2019年05月11日(土) - 12:26 | カテゴリ: Linux

PowerDNSのDNSクエリログや、ローカル出力したテキストをログとしてリモート転送する時、
syslog形式に変換してログとして転送したいケースがそれなりにある。

そんな時、普通ならrsyslog/syslog-ngとログをフックする仕組みを使ったり、
Fluentdなどのログ収集デーモンを追加する事で、リアルタイム取得を行いつつ再転送する事が出来るが、
全体の仕組みが複雑になったり、そもそも構成・設定変更をやりたく無いなどの理由で没になる。

( ´ Д`) 「もっと簡単に、生ログをリアルタイムで取得しつつ、syslog変換したいな~」
( ゚ Д゚ )φ 「一人(筆者)が思っている位だから、似たような事を思っている人は多い筈…」
(。・Д・) 「有料ソフトある位だし、それなりに需要は多そうだな……」
(`・ω・´) 「意外と簡単そうだから作っちゃうか!」

と思い至ったので、スクリプトを自作して “ns-lab BB” のLinuxサーバに組み込んで実際に使ってみた。

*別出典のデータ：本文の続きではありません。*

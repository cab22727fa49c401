-- ===== src/Security/Session.antt =====
-- `AuthService` and the demo accounts of backend/app/security.py. The digest of a password, the signature
-- of a token and Python's `lower` are parameters. Times are whole seconds since the epoch.
use shou_ba_shou_jiaoxue_ai.Prelude.{
  ℕ, ◌+◌, ◌*◌, ◌≤◌, ◌<◌, String, ◌≡◌, refl, sym, ap, ◌∙◌, inl, inr, Bool, true, false, not, Option,
  none, some, List, [], ◌∷◌, arith, ltb, leb, ◌==◌, eq_of_==, ==_refl, Bool-cases,
}
use shou_ba_shou_jiaoxue_ai.Schemas.{UserIdentity}
use shou_ba_shou_jiaoxue_ai.Result.{Result, ok, err, guard, ◌>>=◌, ◌>>◌, authentication_error}
use shou_ba_shou_jiaoxue_ai.Texts.{sorted, as_set}
use shou_ba_shou_jiaoxue_ai.Store.Table.{find}

abbrev pub account : String → String → List String → String → UserIdentity
account username display_name roles tenant_id = record {
  username = username;
  display_name = display_name;
  roles = roles;
  tenant_id = tenant_id;
}

-- DEMO_ACCOUNTS
unfoldable pub demo_accounts : List UserIdentity
demo_accounts =
    account "viewer@harbor.local" "只读观察员" ("observer" ∷ []) "xm-ops"
    ∷ account "operator@harbor.local" "值班操作员" ("observer" ∷ "operator" ∷ []) "xm-ops"
    ∷ account "lead@harbor.local" "值班负责人" ("observer" ∷ "operator" ∷ "on-call-lead" ∷ []) "xm-ops"
    ∷ account "security@harbor.local" "安全值班" ("observer" ∷ "operator" ∷ "security-on-call" ∷ [])
        "xm-ops"
    ∷ account "approver@harbor.local" "独立变更审批人"
        ("observer" ∷ "operator" ∷ "on-call-lead" ∷ "security-on-call" ∷ []) "xm-ops"
    ∷ account "other@harbor.local" "其他租户观察员" ("observer" ∷ []) "other-tenant"
    ∷ account "admin@harbor.local" "平台管理员"
        ("observer" ∷ "operator" ∷ "on-call-lead" ∷ "security-on-call" ∷ "admin" ∷ []) "xm-ops"
    ∷ []

-- The claims of a session, without `iat` and `jti`, which nothing reads.
pub record SessionClaims : Type 0 where
  pub aud : String
  pub sub : String
  pub name : String
  pub roles : List String
  pub tenant_id : String
  pub nbf : ℕ
  pub exp : ℕ

pub record SignedSession : Type 0 where
  pub alg : String
  pub claims : SessionClaims

pub record AuthResponse : Type 0 where
  pub access_token : String
  pub expires_at : ℕ
  pub user : UserIdentity

-- `digest` is `_password_digest`, `sign` is `_sign` with the service's secret; `unsign` reads a token
-- back when its signature is right.
pub record AuthService : Type 0 where
  pub lower : String → String
  pub digest : String → String → String
  pub sign : SignedSession → String
  pub unsign : String → Option SignedSession
  pub demo_password : String
  pub ttl_minutes : ℕ

module _ (s : AuthService) where
  unfoldable pub session_claims : ℕ → UserIdentity → SessionClaims
  session_claims now user = record {
    aud = "harbor-api";
    sub = user.username;
    name = user.display_name;
    roles = sorted (as_set user.roles);
    tenant_id = user.tenant_id;
    nbf = now;
    exp = now + s.ttl_minutes * 60;
  }

  -- `issue`
  unfoldable pub issue_session : ℕ → UserIdentity → AuthResponse
  issue_session now user = record {
    access_token = s.sign (record { alg = "HS256"; claims = session_claims now user });
    expires_at = now + s.ttl_minutes * 60;
    user = user;
  }

  admitted : ℕ → Option UserIdentity → Bool → Result AuthResponse
  admitted now (some user) true = ok (issue_session now user)
  admitted now _ _ = err (authentication_error "username or password is invalid")

  abbrev pub username_of : UserIdentity → String
  username_of u = u.username

  unfoldable pub authenticate : ℕ → String → String → Result AuthResponse
  unfolding admitted
  authenticate now username password =
      let name = s.lower username in
      admitted now (find username_of name demo_accounts)
        (s.digest name password == s.digest name s.demo_password)

  opened : ℕ → Option SignedSession → Result SessionClaims
  opened now none = err (authentication_error "token is malformed or its signature is invalid")
  opened now (some t) = do
    guard (t.alg == "HS256") (authentication_error "token algorithm is not allowed")
    guard (t.claims.aud == "harbor-api") (authentication_error "token audience is invalid")
    guard (ltb now t.claims.exp) (authentication_error "token has expired")
    guard (leb t.claims.nbf (now + 5)) (authentication_error "token is not active yet")
    ok t.claims

  -- `verify`
  unfoldable pub verify_session : ℕ → String → Result UserIdentity
  unfolding opened
  verify_session now token = do
    c ← opened now (s.unsign token)
    guard (not (c.tenant_id == "")) (authentication_error "token tenant is invalid")
    ok (record {
      username = c.sub;
      display_name = c.name;
      roles = c.roles;
      tenant_id = c.tenant_id;
    })

  abbrev AllTenants : List UserIdentity → Type 0
  AllTenants [] = Unit
  AllTenants (u ∷ us) = ((u.tenant_id == "") ≡ false) × AllTenants us

  find-tenant :
      (name : String) (us : List UserIdentity) {u : UserIdentity}
      → AllTenants us
      → find username_of name us ≡ some u
      → (u.tenant_id == "") ≡ false
  unfolding find
  find-tenant name [] a h = ground (arith, h)
  find-tenant name (x ∷ us) {u} a h = elim (Bool-cases (x.username == name)) [
    | inl y ↦ ground (arith, h, y, a.0)
    | inr n ↦ find-tenant name us {u = u} a.1 (ground (arith, h, n))
  ]

  accounts-AllTenants : AllTenants demo_accounts
  unfolding demo_accounts ◌==◌
  accounts-AllTenants = (refl, (refl, (refl, (refl, (refl, (refl, (refl, tt)))))))

  -- Who was let in: a demo account under the name in lower case, with the demo password's digest.
  pub record IsEntitled (username supplied : String) (user : UserIdentity) : Type 0 where
    pub known : find username_of (s.lower username) demo_accounts ≡ some user
    pub password :
        s.digest (s.lower username) supplied ≡ s.digest (s.lower username) s.demo_password

  authenticate-IsEntitled :
      (now : ℕ) (username password : String) (r : AuthResponse)
      → authenticate now username password ≡ ok r
      → IsEntitled username password r.user × (r ≡ issue_session now r.user)
  unfolding authenticate issue_session
  authenticate-IsEntitled now username password r h =
      go (find username_of (s.lower username) demo_accounts) refl
        (s.digest (s.lower username) password == s.digest (s.lower username) s.demo_password) refl
    where
      go :
          (o : Option UserIdentity)
          → find username_of (s.lower username) demo_accounts ≡ o
          → (b : Bool)
          → (s.digest (s.lower username) password == s.digest (s.lower username) s.demo_password)
            ≡ b
          → IsEntitled username password r.user × (r ≡ issue_session now r.user)
      go none f b d = ground (arith, h, f)
      go (some u) f false d = ground (arith, h, f, d)
      go (some u) f true d =
          let e : issue_session now u ≡ r = ground (arith, h, f, d) in
          (
            record {
              known = f ∙ ap (λ (x : AuthResponse). some x.user) e;
              password =
                  eq_of_== (s.digest (s.lower username) password)
                    (s.digest (s.lower username) s.demo_password) d;
            },
            sym e ∙ ap (λ (x : AuthResponse). issue_session now x.user) e,
          )

  -- Who logs in has a demo account and its password. When the token reads back as it was signed, it gives
  -- the same user back, with the roles as a sorted set, until the session expires; from then on it is
  -- refused.
  pub authenticate-verify_session :
      (now later : ℕ) (username password : String) (r : AuthResponse)
      → authenticate now username password ≡ ok r
      → s.unsign r.access_token
        ≡ some (record { alg = "HS256"; claims = session_claims now r.user })
      → now ≤ later
      → IsEntitled username password r.user
        × (later < r.expires_at
            → verify_session later r.access_token
              ≡ ok (record r.user { roles = sorted (as_set r.user.roles) }))
        × (r.expires_at ≤ later
            → verify_session later r.access_token ≡ err (authentication_error "token has expired"))
  unfolding verify_session session_claims issue_session
  authenticate-verify_session now later username password r h reads from =
      let (entitled, e) = authenticate-IsEntitled now username password r h in
      let until : r.expires_at ≡ now + s.ttl_minutes * 60 =
        ap (λ (x : AuthResponse). x.expires_at) e in
      let named =
        find-tenant (s.lower username) demo_accounts {u = r.user} accounts-AllTenants
          entitled.known in
      (
        entitled,
        (λ l.
            rw (reads, verify_session)
              (ground (arith, l, from, until, named, ==_refl "HS256", ==_refl "harbor-api"))),
        λ l.
            rw (reads, verify_session)
              (ground (arith, l, from, until, ==_refl "HS256", ==_refl "harbor-api")),
      )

全体概要は上の通り。裏ではtailを使ってリアルタイムにログ取得を行いつつ、
logger経由でローカルのsyslogにログ出力し、rsyslog/syslog-ngを使ってリモート転送も可能にした。
tailについてはオプションを指定する事で、tail対象のログがローテートされた場合でも、
順応しながらログを取得し続ける様にしてみた。

  • 利用方法
    nowsky system-lab memo > logger

“ns-lab BB” では、iptablesのAccept/Denyログ・auditログのfacilityを変更しつつ、
ログサーバに再転送する用途で利用している。
他にも、PowerDNSのDNSクエリログ転送、dnsdistのsyslog化などにも利用出来る為、
今後は利用箇所を増やしていく予定。

本来、ログ集約を行うならFluentdなどのログ集約エージェントを使うべきなのだが、
既存環境に新しいプログラムを入れたくなかったり、使い慣れたsyslogで集約したい事は多い筈。
今回作成したスクリプトは『インストール』とは言ってもビルドする様な物ではなく、
OSに初期インストール(されている筈)の物を組み合わせて使っている為、
導入などは比較的行いやすいと思う。

使い方次第で応用出来る所はそれなりに多いので、
ローカルの生ログをリモート転送したい場合に是非使ってみて欲しい。

………

~ お ま け ~

syslogとしては下記の “facility/severity” 算出方法に従い数字を出しつつ、
生ログの先頭に “<数字>” の様なメッセージをsyslogサーバにtelnetレベルで直接送信すると、
syslogサーバでパケットを解釈してログを処理をしてくれる。
なので、syslog用パケット生成とTCP/UDP接続・送信を行う処理をアプリに組み込めば、
(仕様準拠は置いといて)syslogとしてログ出力が可能となる。

ちなみに、解説サイトでsyslogフォーマットとして『Priority=Emergencyなどの値』と記載している事が多いが、
大元のRFCとしては『FacilityとSeverityのCodeを掛け合わせた1~3桁の数字がPriorityなので注意。
ただ、アプリケーションによっては『SeverityとPriorityを同等の物』として扱う事もあるので、
設定レベルの細かい事については、各アプリのドキュメントを参照して下さい。

Code Facility   Code Severity
0 kernel messages 0 Emergency
1 user-level messages 1 Alert
2 mail system 2 Critical
3 system daemons 3 Error
4 security/authorization messages 4 Warning
5 messages generated internally by syslogd 5 Notice
6 line printer subsystem 6 Informational
7 network news subsystem 7 Debug
8 UUCP system
  1. 『Priority=(Facility×8)+Severity』
     
  2. 算出したPriorityを “<>” で囲みつつ、
    ログの先頭に付与して送信すると、
    syslog受信側でsyslogとして処理出来る
     
  3. kernelメッセージ・Emergencyログの時、
    Priorityは「0」となる
     
  4. Local0メッセージ・Noticeログの時、
    Priorityは「133」となる
9 clock daemon
10 security/authorization messages
11 FTP daemon
12 NTP subsystem
13 log audit
14 log alert
15 clock daemon
16 local use 0
17 local use 1
18 local use 2
19 local use 3
20 local use 4
21 local use 5
22 local use 6
23 local use 7

という事で、syslogはシンプルな仕様となっているので、
腕に自信がある人は自力でアプリケーションを組む事も視野に入れてみて欲しい (`・ω・´)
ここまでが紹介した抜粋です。